■ Task prompt ■
In the listing below, the answer starts at the line that has "ones (suc k) = 2 * ones k + 1" and stops after the line that has "bit_and-doubled zero a m = refl"; please repeat that part exactly and nothing more.
^^^^^^^^^^^^^^^^
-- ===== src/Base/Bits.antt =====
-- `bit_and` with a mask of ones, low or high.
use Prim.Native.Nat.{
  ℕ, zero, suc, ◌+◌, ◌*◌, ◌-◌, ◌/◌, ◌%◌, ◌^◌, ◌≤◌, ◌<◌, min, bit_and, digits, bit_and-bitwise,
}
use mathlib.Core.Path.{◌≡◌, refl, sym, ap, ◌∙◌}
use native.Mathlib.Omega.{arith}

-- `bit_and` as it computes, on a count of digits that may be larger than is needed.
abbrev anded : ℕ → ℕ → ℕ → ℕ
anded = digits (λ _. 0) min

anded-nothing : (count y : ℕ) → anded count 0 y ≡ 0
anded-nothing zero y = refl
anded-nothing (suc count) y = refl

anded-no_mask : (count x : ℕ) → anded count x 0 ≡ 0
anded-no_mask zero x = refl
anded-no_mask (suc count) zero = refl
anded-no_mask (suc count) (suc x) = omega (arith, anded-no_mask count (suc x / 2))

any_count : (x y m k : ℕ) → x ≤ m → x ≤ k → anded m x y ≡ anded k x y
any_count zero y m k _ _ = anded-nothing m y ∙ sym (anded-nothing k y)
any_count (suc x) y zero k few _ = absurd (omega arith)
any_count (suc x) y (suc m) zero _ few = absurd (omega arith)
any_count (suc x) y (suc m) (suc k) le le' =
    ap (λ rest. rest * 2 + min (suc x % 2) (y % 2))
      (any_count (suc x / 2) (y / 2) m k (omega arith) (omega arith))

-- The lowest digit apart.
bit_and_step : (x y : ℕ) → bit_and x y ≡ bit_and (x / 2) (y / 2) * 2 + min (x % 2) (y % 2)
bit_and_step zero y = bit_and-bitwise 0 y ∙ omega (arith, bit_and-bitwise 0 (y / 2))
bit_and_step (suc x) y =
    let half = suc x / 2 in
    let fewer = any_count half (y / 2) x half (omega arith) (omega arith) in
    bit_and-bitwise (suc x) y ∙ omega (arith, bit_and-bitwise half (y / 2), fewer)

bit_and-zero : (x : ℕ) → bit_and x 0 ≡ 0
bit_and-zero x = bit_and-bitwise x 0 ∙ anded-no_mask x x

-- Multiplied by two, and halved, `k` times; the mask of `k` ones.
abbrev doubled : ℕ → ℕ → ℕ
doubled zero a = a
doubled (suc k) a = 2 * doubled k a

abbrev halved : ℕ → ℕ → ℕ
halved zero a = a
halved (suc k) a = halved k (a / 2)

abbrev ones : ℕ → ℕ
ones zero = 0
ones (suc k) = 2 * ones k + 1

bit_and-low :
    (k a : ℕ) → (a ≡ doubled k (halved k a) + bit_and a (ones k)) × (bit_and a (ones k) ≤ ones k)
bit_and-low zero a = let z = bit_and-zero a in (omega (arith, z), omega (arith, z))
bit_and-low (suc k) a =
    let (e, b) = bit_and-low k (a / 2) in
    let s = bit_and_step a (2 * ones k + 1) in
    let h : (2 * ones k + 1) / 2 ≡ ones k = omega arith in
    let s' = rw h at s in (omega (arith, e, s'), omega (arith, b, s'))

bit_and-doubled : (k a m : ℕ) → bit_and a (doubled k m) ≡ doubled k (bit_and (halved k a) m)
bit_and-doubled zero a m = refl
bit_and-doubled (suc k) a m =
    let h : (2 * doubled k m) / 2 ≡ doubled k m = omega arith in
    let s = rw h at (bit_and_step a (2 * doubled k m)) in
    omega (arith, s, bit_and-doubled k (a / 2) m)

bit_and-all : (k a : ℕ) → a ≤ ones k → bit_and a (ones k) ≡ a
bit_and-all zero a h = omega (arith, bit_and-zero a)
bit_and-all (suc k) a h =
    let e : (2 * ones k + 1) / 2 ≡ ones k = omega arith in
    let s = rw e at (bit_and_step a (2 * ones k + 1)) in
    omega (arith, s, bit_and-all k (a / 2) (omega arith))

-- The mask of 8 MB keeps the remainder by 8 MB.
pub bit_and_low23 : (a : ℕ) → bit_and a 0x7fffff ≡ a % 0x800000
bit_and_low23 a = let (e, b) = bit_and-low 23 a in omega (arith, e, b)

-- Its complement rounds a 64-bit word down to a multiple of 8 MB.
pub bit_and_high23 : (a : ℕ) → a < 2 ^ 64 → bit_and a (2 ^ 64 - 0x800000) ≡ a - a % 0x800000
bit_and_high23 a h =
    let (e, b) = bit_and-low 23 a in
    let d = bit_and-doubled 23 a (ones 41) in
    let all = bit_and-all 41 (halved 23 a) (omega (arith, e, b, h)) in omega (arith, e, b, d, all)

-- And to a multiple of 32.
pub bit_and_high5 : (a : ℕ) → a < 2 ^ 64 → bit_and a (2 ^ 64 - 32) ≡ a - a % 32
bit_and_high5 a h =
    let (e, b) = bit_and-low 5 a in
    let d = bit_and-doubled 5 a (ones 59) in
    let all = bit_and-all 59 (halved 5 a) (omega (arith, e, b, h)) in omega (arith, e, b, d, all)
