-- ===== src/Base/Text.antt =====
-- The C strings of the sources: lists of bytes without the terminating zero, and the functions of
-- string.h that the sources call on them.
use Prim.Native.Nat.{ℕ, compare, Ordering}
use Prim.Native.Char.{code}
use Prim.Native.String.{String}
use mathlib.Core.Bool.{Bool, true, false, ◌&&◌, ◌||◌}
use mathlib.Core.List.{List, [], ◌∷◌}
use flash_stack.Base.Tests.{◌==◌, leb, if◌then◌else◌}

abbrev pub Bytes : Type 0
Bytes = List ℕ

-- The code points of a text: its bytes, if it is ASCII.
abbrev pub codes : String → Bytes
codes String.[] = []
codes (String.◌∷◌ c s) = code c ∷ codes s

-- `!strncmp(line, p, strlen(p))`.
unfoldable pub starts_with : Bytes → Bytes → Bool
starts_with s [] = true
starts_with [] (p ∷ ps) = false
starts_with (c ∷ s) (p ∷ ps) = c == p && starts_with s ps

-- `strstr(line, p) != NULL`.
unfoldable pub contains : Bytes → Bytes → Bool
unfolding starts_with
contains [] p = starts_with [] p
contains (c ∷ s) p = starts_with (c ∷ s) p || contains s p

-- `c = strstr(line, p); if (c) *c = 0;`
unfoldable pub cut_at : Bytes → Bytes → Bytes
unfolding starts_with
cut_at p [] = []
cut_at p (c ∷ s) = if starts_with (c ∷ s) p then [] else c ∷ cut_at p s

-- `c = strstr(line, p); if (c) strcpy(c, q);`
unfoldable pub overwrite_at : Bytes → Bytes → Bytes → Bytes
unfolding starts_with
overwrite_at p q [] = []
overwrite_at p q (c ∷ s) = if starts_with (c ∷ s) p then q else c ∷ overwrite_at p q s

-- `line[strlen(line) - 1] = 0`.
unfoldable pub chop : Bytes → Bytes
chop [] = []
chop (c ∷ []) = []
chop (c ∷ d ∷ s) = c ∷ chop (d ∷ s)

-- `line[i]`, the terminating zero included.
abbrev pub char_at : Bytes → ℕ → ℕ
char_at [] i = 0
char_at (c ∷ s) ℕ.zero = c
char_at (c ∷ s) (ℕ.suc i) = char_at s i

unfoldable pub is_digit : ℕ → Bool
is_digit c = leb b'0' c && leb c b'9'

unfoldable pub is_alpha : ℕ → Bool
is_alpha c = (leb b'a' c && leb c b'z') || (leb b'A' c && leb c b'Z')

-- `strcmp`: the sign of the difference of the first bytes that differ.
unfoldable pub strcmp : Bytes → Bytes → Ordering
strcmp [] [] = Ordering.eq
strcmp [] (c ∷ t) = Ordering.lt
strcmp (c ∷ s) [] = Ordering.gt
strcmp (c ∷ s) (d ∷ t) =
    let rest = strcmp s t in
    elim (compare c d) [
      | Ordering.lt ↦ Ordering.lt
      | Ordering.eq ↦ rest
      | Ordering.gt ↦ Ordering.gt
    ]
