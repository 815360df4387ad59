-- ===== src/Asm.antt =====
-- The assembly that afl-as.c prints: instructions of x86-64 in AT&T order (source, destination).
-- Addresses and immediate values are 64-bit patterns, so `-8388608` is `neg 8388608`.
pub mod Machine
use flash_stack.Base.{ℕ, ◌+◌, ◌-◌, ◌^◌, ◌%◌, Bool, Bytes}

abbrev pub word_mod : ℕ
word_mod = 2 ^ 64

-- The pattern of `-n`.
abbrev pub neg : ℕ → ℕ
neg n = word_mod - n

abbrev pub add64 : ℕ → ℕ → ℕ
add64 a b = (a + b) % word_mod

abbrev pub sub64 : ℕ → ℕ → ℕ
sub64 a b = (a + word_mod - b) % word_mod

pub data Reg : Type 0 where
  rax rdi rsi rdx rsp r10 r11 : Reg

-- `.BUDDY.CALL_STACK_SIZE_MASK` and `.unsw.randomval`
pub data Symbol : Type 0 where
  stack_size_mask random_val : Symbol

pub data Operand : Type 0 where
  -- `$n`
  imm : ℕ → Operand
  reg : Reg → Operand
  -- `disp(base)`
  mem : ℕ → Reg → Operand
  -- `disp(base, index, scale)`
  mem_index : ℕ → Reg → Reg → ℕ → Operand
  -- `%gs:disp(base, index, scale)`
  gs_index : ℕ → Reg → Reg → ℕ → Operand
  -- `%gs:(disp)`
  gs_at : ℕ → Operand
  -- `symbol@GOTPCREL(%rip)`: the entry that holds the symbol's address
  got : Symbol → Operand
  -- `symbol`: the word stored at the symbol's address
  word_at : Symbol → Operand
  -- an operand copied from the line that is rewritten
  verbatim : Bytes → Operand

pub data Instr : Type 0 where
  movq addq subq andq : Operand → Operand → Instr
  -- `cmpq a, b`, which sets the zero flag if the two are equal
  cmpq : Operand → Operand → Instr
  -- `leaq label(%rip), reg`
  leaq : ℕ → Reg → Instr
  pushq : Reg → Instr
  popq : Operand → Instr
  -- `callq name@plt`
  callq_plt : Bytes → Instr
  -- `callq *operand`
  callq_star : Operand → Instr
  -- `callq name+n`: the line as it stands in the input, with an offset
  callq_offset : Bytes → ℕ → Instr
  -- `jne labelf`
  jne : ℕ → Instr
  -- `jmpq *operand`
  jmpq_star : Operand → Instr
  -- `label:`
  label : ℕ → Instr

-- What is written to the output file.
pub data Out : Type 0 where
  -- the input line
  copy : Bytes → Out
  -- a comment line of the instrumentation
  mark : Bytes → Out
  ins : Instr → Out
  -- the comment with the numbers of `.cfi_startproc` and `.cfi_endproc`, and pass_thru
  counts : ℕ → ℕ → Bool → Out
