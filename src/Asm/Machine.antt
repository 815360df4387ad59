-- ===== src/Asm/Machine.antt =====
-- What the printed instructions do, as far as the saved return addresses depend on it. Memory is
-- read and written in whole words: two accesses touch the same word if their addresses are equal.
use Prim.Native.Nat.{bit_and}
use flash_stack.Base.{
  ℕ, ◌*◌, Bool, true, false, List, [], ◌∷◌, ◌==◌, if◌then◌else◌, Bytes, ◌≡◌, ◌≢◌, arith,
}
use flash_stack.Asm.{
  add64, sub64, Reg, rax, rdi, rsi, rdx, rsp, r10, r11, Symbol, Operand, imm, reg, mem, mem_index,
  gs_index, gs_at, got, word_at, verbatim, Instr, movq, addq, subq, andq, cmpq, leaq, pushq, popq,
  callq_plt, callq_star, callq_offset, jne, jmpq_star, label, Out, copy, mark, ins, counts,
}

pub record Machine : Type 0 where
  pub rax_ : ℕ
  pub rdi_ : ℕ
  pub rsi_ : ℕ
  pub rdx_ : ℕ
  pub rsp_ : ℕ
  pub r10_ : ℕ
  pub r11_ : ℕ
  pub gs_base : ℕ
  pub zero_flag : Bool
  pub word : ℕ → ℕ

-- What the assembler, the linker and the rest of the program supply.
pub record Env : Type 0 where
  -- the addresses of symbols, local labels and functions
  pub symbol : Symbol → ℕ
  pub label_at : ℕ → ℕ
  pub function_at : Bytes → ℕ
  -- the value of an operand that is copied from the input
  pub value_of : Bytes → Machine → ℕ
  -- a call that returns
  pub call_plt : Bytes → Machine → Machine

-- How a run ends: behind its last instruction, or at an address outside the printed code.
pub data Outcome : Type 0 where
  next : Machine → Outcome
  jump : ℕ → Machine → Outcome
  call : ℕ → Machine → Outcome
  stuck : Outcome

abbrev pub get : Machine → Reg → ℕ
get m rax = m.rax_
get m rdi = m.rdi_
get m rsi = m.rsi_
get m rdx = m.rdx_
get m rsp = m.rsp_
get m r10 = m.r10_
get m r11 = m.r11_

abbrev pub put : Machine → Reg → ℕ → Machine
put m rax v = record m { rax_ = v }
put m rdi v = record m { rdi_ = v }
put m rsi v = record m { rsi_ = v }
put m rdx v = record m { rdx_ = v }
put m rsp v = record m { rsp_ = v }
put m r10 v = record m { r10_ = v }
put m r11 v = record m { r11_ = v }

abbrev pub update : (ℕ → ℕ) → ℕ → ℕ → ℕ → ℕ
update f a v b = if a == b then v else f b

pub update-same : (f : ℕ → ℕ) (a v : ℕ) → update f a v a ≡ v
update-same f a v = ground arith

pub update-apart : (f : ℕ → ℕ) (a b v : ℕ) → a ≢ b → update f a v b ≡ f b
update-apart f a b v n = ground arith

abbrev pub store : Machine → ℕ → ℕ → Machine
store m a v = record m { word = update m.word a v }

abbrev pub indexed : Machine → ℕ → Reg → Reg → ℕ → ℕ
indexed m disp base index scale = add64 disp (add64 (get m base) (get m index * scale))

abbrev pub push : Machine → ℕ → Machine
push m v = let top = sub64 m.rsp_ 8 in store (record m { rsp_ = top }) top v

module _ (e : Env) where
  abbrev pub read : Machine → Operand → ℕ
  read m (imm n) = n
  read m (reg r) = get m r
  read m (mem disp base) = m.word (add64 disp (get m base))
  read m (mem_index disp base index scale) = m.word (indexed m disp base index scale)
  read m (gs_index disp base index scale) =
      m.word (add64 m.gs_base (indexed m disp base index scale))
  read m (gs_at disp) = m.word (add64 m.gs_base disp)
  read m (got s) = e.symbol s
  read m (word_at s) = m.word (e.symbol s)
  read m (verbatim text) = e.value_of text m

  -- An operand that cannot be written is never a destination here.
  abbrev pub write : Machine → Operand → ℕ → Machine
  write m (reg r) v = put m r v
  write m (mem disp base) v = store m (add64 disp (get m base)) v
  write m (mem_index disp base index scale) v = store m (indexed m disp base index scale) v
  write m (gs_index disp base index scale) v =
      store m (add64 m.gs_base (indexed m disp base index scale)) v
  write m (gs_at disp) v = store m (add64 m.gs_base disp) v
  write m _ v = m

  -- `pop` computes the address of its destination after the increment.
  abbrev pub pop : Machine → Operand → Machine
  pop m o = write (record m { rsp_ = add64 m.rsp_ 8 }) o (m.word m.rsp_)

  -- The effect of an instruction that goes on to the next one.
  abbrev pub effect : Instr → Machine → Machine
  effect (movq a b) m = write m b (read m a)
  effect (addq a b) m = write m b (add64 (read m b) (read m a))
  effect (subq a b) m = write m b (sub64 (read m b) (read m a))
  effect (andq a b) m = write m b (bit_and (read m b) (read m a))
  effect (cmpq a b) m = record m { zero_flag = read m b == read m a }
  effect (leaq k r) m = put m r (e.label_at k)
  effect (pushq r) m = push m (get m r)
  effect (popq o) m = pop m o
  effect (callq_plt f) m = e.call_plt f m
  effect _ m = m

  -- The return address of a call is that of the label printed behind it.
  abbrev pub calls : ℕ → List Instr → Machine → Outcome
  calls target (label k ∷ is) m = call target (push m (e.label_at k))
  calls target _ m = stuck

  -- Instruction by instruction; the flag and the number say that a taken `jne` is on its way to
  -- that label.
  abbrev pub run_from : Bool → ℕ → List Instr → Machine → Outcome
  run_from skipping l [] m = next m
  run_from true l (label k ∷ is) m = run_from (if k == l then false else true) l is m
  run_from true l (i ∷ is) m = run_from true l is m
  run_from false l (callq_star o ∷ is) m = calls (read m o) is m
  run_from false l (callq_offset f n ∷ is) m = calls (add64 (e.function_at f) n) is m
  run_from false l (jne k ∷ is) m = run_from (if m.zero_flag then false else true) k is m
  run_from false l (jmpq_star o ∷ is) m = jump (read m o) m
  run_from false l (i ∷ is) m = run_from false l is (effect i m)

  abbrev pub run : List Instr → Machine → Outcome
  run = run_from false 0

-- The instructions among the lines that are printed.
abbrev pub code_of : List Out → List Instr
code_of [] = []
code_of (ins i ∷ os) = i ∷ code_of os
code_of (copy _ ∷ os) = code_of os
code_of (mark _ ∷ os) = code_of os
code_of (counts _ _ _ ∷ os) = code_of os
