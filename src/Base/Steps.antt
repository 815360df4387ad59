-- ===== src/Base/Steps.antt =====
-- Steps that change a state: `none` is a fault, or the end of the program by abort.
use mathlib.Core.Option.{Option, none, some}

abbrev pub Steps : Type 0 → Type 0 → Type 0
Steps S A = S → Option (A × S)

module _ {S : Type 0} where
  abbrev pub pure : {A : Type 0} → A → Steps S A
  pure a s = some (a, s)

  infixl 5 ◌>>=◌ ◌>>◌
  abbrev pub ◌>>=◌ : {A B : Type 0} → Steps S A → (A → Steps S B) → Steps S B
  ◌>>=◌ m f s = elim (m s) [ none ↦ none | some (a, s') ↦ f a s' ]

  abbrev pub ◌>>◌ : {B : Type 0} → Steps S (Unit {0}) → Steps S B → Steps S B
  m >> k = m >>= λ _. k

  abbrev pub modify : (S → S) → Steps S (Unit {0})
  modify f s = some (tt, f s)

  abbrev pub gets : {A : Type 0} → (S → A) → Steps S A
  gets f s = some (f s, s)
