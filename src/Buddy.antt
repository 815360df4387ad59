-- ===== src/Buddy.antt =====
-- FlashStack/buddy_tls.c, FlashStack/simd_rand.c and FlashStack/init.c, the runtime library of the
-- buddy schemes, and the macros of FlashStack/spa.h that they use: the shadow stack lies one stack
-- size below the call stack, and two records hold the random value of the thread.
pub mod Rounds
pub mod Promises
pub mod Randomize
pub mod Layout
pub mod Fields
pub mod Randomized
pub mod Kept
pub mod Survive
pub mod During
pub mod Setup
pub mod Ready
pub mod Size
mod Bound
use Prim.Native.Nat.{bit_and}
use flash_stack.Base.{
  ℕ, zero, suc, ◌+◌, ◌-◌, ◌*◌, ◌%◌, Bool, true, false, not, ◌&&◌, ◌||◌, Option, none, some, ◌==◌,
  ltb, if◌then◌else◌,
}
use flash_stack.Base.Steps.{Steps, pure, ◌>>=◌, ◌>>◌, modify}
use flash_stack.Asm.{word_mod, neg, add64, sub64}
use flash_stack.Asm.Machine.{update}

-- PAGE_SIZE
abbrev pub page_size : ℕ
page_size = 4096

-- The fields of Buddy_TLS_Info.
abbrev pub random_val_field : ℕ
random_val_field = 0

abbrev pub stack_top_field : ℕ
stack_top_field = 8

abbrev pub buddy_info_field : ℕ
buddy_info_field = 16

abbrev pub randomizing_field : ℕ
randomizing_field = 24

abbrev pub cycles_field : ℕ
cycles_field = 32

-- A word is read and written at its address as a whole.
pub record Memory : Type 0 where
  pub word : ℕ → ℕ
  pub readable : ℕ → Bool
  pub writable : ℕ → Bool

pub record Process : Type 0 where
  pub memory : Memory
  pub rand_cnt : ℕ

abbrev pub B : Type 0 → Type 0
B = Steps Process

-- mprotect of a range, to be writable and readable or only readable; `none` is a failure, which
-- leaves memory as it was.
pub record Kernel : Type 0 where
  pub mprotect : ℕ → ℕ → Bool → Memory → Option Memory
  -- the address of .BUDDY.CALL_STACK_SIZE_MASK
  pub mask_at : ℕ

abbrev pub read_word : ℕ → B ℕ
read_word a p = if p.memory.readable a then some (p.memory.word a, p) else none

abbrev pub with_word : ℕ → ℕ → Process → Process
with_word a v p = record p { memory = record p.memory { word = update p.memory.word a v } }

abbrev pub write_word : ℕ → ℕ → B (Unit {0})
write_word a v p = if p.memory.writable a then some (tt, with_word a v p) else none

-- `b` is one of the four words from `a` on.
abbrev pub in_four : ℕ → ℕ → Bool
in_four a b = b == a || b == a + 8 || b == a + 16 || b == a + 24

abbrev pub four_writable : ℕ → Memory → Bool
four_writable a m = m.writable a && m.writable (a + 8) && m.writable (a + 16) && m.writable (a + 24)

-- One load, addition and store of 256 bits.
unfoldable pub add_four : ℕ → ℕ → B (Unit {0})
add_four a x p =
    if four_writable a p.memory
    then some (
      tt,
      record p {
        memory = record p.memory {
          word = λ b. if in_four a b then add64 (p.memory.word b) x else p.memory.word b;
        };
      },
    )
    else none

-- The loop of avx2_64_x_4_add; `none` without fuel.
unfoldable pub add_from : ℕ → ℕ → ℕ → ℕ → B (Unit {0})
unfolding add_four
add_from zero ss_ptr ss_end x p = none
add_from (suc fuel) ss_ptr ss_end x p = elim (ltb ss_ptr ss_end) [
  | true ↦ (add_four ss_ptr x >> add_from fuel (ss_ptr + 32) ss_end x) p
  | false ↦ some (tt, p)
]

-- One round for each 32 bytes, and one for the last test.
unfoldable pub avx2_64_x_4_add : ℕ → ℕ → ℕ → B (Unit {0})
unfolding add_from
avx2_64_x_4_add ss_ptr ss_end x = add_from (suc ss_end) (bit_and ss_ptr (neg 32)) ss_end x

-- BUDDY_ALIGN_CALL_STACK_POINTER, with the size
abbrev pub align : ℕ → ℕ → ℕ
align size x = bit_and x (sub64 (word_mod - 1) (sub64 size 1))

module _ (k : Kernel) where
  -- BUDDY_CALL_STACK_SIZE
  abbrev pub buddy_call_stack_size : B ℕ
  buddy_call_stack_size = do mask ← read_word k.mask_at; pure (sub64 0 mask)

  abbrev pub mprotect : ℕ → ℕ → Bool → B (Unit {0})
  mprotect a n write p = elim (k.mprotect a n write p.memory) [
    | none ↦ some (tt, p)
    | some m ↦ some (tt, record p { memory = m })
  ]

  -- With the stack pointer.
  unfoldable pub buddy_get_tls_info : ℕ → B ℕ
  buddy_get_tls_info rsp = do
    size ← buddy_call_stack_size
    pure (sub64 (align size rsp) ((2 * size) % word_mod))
^^^^^^^^^^^^^^^^
■ Solution to this task ■
ones (suc k) = 2 * ones k + 1

bit_and-low :
    (k a : ℕ) → (a ≡ doubled k (halved k a) + bit_and a (ones k)) × (bit_and a (ones k) ≤ ones k)
bit_and-low zero a = let z = bit_and-zero a in (omega (arith, z), omega (arith, z))
bit_and-low (suc k) a =
    let (e, b) = bit_and-low k (a / 2) in
    let s = bit_and_step a (2 * ones k + 1) in
    let h : (2 * ones k + 1) / 2 ≡ ones k = omega arith in
    let s' = rw h at s in (omega (arith, e, s'), omega (arith, b, s'))

bit_and-doubled : (k a m : ℕ) → bit_and a (doubled k m) ≡ doubled k (bit_and (halved k a) m)
bit_and-doubled zero a m = refl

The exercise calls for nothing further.